O’Neil then transitioned to a primer on ORCAA’s new explainable fairness framework. Her hypothesis is that when people ask to have an algorithm explained to them, they are not asking for an explanation of the math, machine learning or AI. Rather, they want to understand how and why the outcomes are fair. ORCAA’s audits focus on outcomes — how algorithms are used — and not how they are built.
“As an algorithmic auditor, I never care how an algorithm was built,” O’Neil said. “I don’t even care what the inputs of the algorithm were. I just care how it treats people.”
She focused on explainable fairness from the lens of a regulator focused on whether a law or regulation has been implemented fairly. Within the insurance industry, Colorado is leading the way with new fairness legislation, while other states are considering similar legislation or regulation. Key definitions are left to rule makers, so the industry knows how to run their businesses in compliance. In every situation, someone must define the outcome(s) of interest and the thresholds for fairness, which requires negotiation between regulators and the industry to make this all workable.

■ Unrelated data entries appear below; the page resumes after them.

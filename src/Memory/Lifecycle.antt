-- ===== src/Memory/Lifecycle.antt =====
-- app/services/memory_lifecycle.py: the working memories of a run or a task end with it.
pub mod Ended
use careerops_agent.Shared.{
  ℕ, String, Bool, true, false, not, ◌&&◌, some, List, [], ◌∷◌, if◌then◌else◌, ◌==◌, Eq_nat,
  Eq_option,
}
use careerops_agent.Memory.Rows.{AgentMemory, retired, is_working, is_retired}

-- Whether the memory was retired now, and the memory. The database sets `updated_at` later, when it
-- writes the row.
unfoldable pub retire_memory : (now : ℕ) (reason : String) → AgentMemory → Bool × AgentMemory
retire_memory now reason memory = if is_retired memory.status then (false, memory) else (
  true,
  record memory { status = retired; retired_at = some now; retirement_reason = some reason },
)

-- The ids of the memories of the selection that were retired now, and the table.
pub retire_selected :
    (AgentMemory → Bool)
    → (now : ℕ) (reason : String) → List AgentMemory
    → List ℕ × List AgentMemory
unfolding retire_memory
retire_selected selects now reason [] = ([], [])
retire_selected selects now reason (m ∷ memories) =
    let (ids, rest) = retire_selected selects now reason memories in
    let (changed, after) = retire_memory now reason m in
    if selects m then (if changed then m.id ∷ ids else ids, after ∷ rest) else (ids, m ∷ rest)

-- The conditions of the two `select` statements.
abbrev pub works_for_run : (run_id : ℕ) → AgentMemory → Bool
works_for_run run_id m =
    m.run_id == some run_id && is_working m.memory_type && not (is_retired m.status)

abbrev pub works_for_task : (task_id : ℕ) → AgentMemory → Bool
works_for_task task_id m =
    m.task_id == some task_id && is_working m.memory_type && not (is_retired m.status)

unfoldable pub retire_run_working_memories :
    (now run_id : ℕ) (reason : String) → List AgentMemory → List ℕ × List AgentMemory
unfolding retire_selected
retire_run_working_memories now run_id reason memories =
    retire_selected (works_for_run run_id) now reason memories

unfoldable pub retire_task_working_memories :
    (now task_id : ℕ) (reason : String) → List AgentMemory → List ℕ × List AgentMemory
unfolding retire_selected
retire_task_working_memories now task_id reason memories =
    retire_selected (works_for_task task_id) now reason memories
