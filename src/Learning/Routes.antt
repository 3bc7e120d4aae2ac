-- ===== src/Learning/Routes.antt =====
-- The routes of app/main.py for the learning graph of a task.
pub mod Settled
use Prim.Native.String.{◌++◌ as concat}
use careerops_agent.Shared.{
  ℕ, String, Bool, true, false, Option, none, some, List, [], ◌∷◌, ◌++◌, is_some, if◌then◌else◌,
  ◌==◌, Eq_text, Exception, Result, ok, raised,
}
use careerops_agent.Context.Task.{PlannedTask}
use careerops_agent.Jobs.Rows.{JobDb}
use careerops_agent.Memory.Rows.{AgentMemory}
use careerops_agent.Memory.Lifecycle.{retire_task_working_memories}
use careerops_agent.Http.Responses.{Response, reply, http_error}
use careerops_agent.Learning.Graph.{
  CareerOpsState, LearningSnapshot, start_learning_graph, resume_learning_graph,
}

-- A trace of the routes: its event type and its summaries.
pub record LearningTrace : Type 0 where
  pub event_type : String
  pub input_summary : String
  pub output_summary : String

-- The thread of a task, the columns of the task that change, the memories and the traces.
pub record LearningStore : Type 0 where
  pub current : Option LearningSnapshot
  pub status : String
  pub completed_at : Option ℕ
  pub memories : List AgentMemory
  pub traces : List LearningTrace

abbrev Answer : Type 0
Answer = Response LearningSnapshot × LearningStore

-- The task's columns and memories after a graph that came to this status.
pub settled : (now task_id : ℕ) (status : String) → LearningStore → LearningStore
unfolding retire_task_working_memories
settled now task_id status st = record st {
  status = status;
  completed_at = if status == "completed" then some now else none;
  memories =
      if status == "completed"
      then (retire_task_working_memories now task_id "agent_task_completed" st.memories).1
      else st.memories;
}

abbrev add_trace :
    (event_type input_summary output_summary : String) → LearningStore → LearningStore
add_trace event_type input_summary output_summary st = record st {
  traces =
      st.traces
      ++ record {
        event_type = event_type;
        input_summary = input_summary;
        output_summary = output_summary;
      }
        ∷ [];
}

abbrev finished_status : CareerOpsState → String
finished_status w = if w.status == "completed" then "completed" else "blocked"

pub started : (now task_id : ℕ) → LearningStore → Result LearningSnapshot → Answer
unfolding settled
started now task_id st (raised x) = (http_error 409 x.text, st)
started now task_id st (ok s) =
    let awaiting = is_some s.interrupt in
    let status = if awaiting then "waiting_for_approval" else finished_status s.values in
    (
      reply s,
      add_trace "evaluation" "Run the deterministic LangGraph learning-plan workflow."
          (if awaiting
            then "Graph paused for user approval."
            else concat "Graph finished with status " (concat s.values.status "."))
          (settled now task_id status (record st { current = some s })),
    )

pub resumed : (now task_id : ℕ) (approved : Bool) → LearningStore → Result LearningSnapshot → Answer
unfolding settled
resumed now task_id approved st (raised x) = (http_error 409 x.text, st)
resumed now task_id approved st (ok s) = (
  reply s,
  add_trace "user_input"
      (if approved
        then "User approved the generated learning plan."
        else "User rejected the generated learning plan.")
      (concat "Graph resumed and finished with status " (concat s.values.status "."))
      (settled now task_id (finished_status s.values) (record st { current = some s })),
)

-- `run_agent_learning_graph`, of the task that its id names.
unfoldable pub run_agent_learning_graph :
    (now : ℕ) → JobDb → Option PlannedTask → LearningStore → Answer
unfolding started start_learning_graph
run_agent_learning_graph now db none st = (http_error 404 "agent task not found", st)
run_agent_learning_graph now db (some task) st =
    started now task.id st (start_learning_graph db task st.current)

-- `resume_agent_learning_graph`
unfoldable pub resume_agent_learning_graph :
    (now : ℕ)
    → Option PlannedTask
    → (approved : Bool) (comment : Option String) → LearningStore
    → Answer
unfolding resumed resume_learning_graph
resume_agent_learning_graph now none approved comment st =
    (http_error 404 "agent task not found", st)
resume_agent_learning_graph now (some task) approved comment st =
    resumed now task.id approved st (resume_learning_graph approved comment st.current)
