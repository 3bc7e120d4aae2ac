-- ===== src/Memory/Lifecycle/Ended.antt =====
-- What is left after working memories were retired.
use careerops_agent.Shared.{
  ℕ, String, ◌≡◌, refl, Bool, true, false, some, List, [], ◌∷◌, keep, map, update_where, arith,
  Bool-cases, inl, inr, ap,
}
use careerops_agent.Memory.Rows.{AgentMemory, retired, is_retired}
use careerops_agent.Memory.Lifecycle.{
  retire_memory, retire_selected, works_for_run, works_for_task, retire_run_working_memories,
  retire_task_working_memories,
}

abbrev ended : (now : ℕ) (reason : String) → AgentMemory → AgentMemory
ended now reason m = record m {
  status = retired;
  retired_at = some now;
  retirement_reason = some reason;
}

-- The ids are those of the selected rows, the selected rows are retired and no other row changes,
-- and no row is selected any more.
abbrev pub Ends :
    (AgentMemory → Bool)
    → (now : ℕ) (reason : String) → List AgentMemory
    → List ℕ × List AgentMemory
    → Type 0
Ends selects now reason memories (ids, after) =
    (ids ≡ map (λ m. m.id) (keep selects memories))
    × (after ≡ update_where selects (ended now reason) memories)
    × (keep selects after ≡ [])

module _ (selects : AgentMemory → Bool) (now : ℕ) (reason : String)
    (live : (m : AgentMemory) → selects m ≡ true → is_retired m.status ≡ false)
    (over : (m : AgentMemory) → selects (ended now reason m) ≡ false) where
  retire_selected-Ends :
      (memories : List AgentMemory)
      → Ends selects now reason memories (retire_selected selects now reason memories)
  unfolding retire_selected retire_memory
  retire_selected-Ends [] = (refl, refl, refl)
  retire_selected-Ends (m ∷ memories) =
      let (ids, after, none_left) = retire_selected-Ends memories in
      elim (Bool-cases (selects m)) [
        | inl t ↦
            rw (t, live m t, over m)
              (ap (◌∷◌ m.id) ids, ap (◌∷◌ (ended now reason m)) after, none_left)
        | inr f ↦ rw f (ids, ap (◌∷◌ m) after, rw f none_left)
      ]

-- When a run ends, its active working memories are retired and reported, no other memory changes,
-- and none of them is left.
pub retire_run_working_memories-Ends :
    (now run_id : ℕ) (reason : String) (memories : List AgentMemory)
    → Ends
        (works_for_run run_id)
        now
        reason
        memories
        (retire_run_working_memories now run_id reason memories)
unfolding retire_run_working_memories
retire_run_working_memories-Ends now run_id reason memories =
    retire_selected-Ends (works_for_run run_id) now reason (λ m h. ground arith) (λ m. ground arith)
      memories

-- When a task ends, its active working memories are retired and reported, no other memory changes,
-- and none of them is left.
pub retire_task_working_memories-Ends :
    (now task_id : ℕ) (reason : String) (memories : List AgentMemory)
    → Ends
        (works_for_task task_id)
        now
        reason
        memories
        (retire_task_working_memories now task_id reason memories)
unfolding retire_task_working_memories
retire_task_working_memories-Ends now task_id reason memories =
    retire_selected-Ends (works_for_task task_id) now reason (λ m h. ground arith)
      (λ m. ground arith) memories
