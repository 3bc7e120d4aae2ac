-- ===== src/Learning/Graph/Decided.antt =====
-- app/services/learning_graph.py: what a review decides.
use careerops_agent.Shared.{
  ◌≡◌, refl, subst, String, Bool, true, false, Option, none, some, is_none, Bool-cases, inl, inr,
  Result, ok, raised,
}
use careerops_agent.Learning.Graph.{
  CareerOpsState, LearningSnapshot, resume_review, resume_learning_graph, if_compatible,
  human_review_node, after_review, complete_run_node, block_run_node,
}

abbrev pub outcome : (approved : Bool) → String
outcome true = "completed"
outcome false = "blocked"

-- The result of a resumption: the status of its decision.
abbrev Decides : (approved : Bool) → Result LearningSnapshot → Type 0
Decides approved (raised x) = Unit
Decides approved (ok s) = s.values.status ≡ outcome approved

if_compatible-Decides :
    (approved : Bool) (mismatch : Option String) (result : Result LearningSnapshot)
    → Decides approved result
    → Decides approved (if_compatible mismatch result)
if_compatible-Decides approved none result h = h
if_compatible-Decides approved (some text) result h = tt

resume_review-Decides :
    (approved : Bool) (comment : Option String) (w : CareerOpsState)
    → Decides approved (ok (resume_review approved comment w))
unfolding resume_review human_review_node after_review complete_run_node block_run_node
resume_review-Decides true comment w = refl
resume_review-Decides false comment w = refl

resume-Decides :
    (approved : Bool) (comment : Option String) (current : Option LearningSnapshot)
    → Decides approved (resume_learning_graph approved comment current)
unfolding resume_learning_graph
resume-Decides approved comment none = tt
resume-Decides approved comment (some s) = elim (Bool-cases (is_none s.interrupt)) [
  | inl t ↦ rw t tt
  | inr f ↦ rw f (
      if_compatible-Decides approved _ (ok (resume_review approved comment s.values))
        (resume_review-Decides approved comment s.values))
]

-- The status of a graph after a resumption that returns.
pub resumed_status :
    (approved : Bool) (comment : Option String) (current : Option LearningSnapshot)
    {s : LearningSnapshot}
    → resume_learning_graph approved comment current ≡ ok s
    → s.values.status ≡ outcome approved
resumed_status approved comment current h =
    subst (Decides approved) h (resume-Decides approved comment current)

O’Neil shared two illustrative use cases for explainable fairness: student lending and disability insurance. In all cases, we must define the outcomes of interest for the situation and then measure outcomes for various interested classes. The negotiation comes into play when deciding which factors are considered “legitimate” and what “significant” means. These are not math problems, but rather legal and ethical decisions to be made in collaboration.
She closed by emphasizing the importance of values, monitoring and negotiation in the fair use of algorithms. To return to her cockpit metaphor, explainable fairness for algorithms requires a dashboard with many dials and metrics. The dashboard must be custom built for the specific algorithm application to assess fairness.
Dale Porfilio, FCAS, MAAA, is the chief insurance officer for the Insurance Information Institute.